Task goal → The required output is the lines below from the line containing "ap (Option.map (λ g. g.0))" to the line containing "ap (Option.map (λ g. g.1))", inclusive, retyped exactly. No other lines belong in it.

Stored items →
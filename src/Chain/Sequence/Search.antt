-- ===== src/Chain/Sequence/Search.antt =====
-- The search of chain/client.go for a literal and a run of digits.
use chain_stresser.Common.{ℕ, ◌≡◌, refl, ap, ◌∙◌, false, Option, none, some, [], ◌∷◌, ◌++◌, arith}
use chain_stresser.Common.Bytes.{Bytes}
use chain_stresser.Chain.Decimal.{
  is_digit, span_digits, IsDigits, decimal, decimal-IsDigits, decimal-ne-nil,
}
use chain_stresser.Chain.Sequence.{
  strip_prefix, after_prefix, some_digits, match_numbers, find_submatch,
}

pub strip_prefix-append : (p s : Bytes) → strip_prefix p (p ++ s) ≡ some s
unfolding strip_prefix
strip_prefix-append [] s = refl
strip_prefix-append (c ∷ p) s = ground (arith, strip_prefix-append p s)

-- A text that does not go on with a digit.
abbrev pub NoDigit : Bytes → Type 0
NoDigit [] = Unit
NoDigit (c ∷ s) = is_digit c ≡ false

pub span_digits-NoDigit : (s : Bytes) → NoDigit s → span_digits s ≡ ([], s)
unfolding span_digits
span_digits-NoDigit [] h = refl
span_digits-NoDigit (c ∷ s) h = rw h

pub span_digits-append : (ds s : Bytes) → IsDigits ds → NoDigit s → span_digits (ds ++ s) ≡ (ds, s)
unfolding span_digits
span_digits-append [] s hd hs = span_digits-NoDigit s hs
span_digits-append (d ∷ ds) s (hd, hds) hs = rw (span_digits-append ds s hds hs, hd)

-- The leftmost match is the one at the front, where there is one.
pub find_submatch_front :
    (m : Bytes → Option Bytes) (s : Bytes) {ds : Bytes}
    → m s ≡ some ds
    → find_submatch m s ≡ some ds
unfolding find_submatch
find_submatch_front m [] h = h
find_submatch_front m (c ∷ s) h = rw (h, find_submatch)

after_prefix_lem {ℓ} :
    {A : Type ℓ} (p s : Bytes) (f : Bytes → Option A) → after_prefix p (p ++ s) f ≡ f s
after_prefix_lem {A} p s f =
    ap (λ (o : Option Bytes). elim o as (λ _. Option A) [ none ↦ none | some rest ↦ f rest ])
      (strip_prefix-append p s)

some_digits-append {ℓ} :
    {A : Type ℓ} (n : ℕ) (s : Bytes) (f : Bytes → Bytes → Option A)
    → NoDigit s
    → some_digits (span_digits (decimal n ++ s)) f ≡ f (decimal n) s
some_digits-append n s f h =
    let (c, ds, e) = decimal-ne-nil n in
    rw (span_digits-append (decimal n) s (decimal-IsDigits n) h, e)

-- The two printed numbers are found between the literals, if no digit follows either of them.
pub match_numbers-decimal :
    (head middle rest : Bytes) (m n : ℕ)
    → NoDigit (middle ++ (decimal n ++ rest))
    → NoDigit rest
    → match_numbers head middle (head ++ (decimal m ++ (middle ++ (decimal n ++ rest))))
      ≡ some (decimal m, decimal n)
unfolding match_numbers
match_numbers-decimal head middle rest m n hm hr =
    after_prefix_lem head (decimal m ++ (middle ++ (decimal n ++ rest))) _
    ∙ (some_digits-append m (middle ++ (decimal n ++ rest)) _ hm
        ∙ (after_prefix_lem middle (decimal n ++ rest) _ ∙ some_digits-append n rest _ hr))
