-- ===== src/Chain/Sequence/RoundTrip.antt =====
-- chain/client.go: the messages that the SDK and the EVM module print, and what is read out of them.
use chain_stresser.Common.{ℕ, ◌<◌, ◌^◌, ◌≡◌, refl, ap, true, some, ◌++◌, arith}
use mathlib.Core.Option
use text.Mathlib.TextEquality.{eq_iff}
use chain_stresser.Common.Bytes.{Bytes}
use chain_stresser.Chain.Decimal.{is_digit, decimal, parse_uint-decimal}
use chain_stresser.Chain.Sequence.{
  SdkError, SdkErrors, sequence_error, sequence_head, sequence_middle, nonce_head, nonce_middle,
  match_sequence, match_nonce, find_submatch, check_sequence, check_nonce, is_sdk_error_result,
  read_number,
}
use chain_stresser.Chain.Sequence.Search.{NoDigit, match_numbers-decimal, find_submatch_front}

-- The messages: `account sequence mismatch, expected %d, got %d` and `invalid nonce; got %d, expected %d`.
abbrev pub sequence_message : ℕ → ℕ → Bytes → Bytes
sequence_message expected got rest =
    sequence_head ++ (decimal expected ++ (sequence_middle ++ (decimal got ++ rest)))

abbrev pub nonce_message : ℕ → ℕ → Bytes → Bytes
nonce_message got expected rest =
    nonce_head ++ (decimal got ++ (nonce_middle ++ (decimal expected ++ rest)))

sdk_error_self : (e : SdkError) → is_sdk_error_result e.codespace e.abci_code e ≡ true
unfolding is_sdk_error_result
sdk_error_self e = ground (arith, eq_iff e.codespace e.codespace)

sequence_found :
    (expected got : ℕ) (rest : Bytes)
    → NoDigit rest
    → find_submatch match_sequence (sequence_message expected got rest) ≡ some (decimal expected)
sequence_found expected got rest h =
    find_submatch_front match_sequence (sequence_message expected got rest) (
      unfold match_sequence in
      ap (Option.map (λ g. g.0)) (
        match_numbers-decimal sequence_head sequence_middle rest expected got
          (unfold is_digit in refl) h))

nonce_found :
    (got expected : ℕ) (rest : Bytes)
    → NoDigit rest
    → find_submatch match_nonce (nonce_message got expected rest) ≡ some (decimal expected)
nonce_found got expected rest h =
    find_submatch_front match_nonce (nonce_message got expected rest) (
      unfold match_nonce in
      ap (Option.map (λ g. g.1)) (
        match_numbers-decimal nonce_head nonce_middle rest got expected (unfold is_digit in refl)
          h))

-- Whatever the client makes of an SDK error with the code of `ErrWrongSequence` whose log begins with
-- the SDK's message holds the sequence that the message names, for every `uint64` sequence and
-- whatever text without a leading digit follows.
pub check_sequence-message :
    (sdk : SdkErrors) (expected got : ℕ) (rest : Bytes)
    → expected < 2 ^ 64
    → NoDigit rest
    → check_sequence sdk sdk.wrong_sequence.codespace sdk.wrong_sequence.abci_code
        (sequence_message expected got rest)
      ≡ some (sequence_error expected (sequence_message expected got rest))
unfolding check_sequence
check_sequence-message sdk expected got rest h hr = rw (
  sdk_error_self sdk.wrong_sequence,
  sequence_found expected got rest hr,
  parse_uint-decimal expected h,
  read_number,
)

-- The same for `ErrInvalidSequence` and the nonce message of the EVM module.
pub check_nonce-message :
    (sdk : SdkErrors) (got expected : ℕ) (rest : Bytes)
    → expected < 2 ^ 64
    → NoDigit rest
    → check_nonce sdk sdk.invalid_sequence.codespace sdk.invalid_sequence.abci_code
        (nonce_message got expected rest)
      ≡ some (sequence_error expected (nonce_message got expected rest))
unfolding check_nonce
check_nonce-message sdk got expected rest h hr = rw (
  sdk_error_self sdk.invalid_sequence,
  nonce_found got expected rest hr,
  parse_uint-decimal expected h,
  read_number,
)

Solved problem →
      ap (Option.map (λ g. g.0)) (
        match_numbers-decimal sequence_head sequence_middle rest expected got
          (unfold is_digit in refl) h))

nonce_found :
    (got expected : ℕ) (rest : Bytes)
    → NoDigit rest
    → find_submatch match_nonce (nonce_message got expected rest) ≡ some (decimal expected)
nonce_found got expected rest h =
    find_submatch_front match_nonce (nonce_message got expected rest) (
      unfold match_nonce in
      ap (Option.map (λ g. g.1)) (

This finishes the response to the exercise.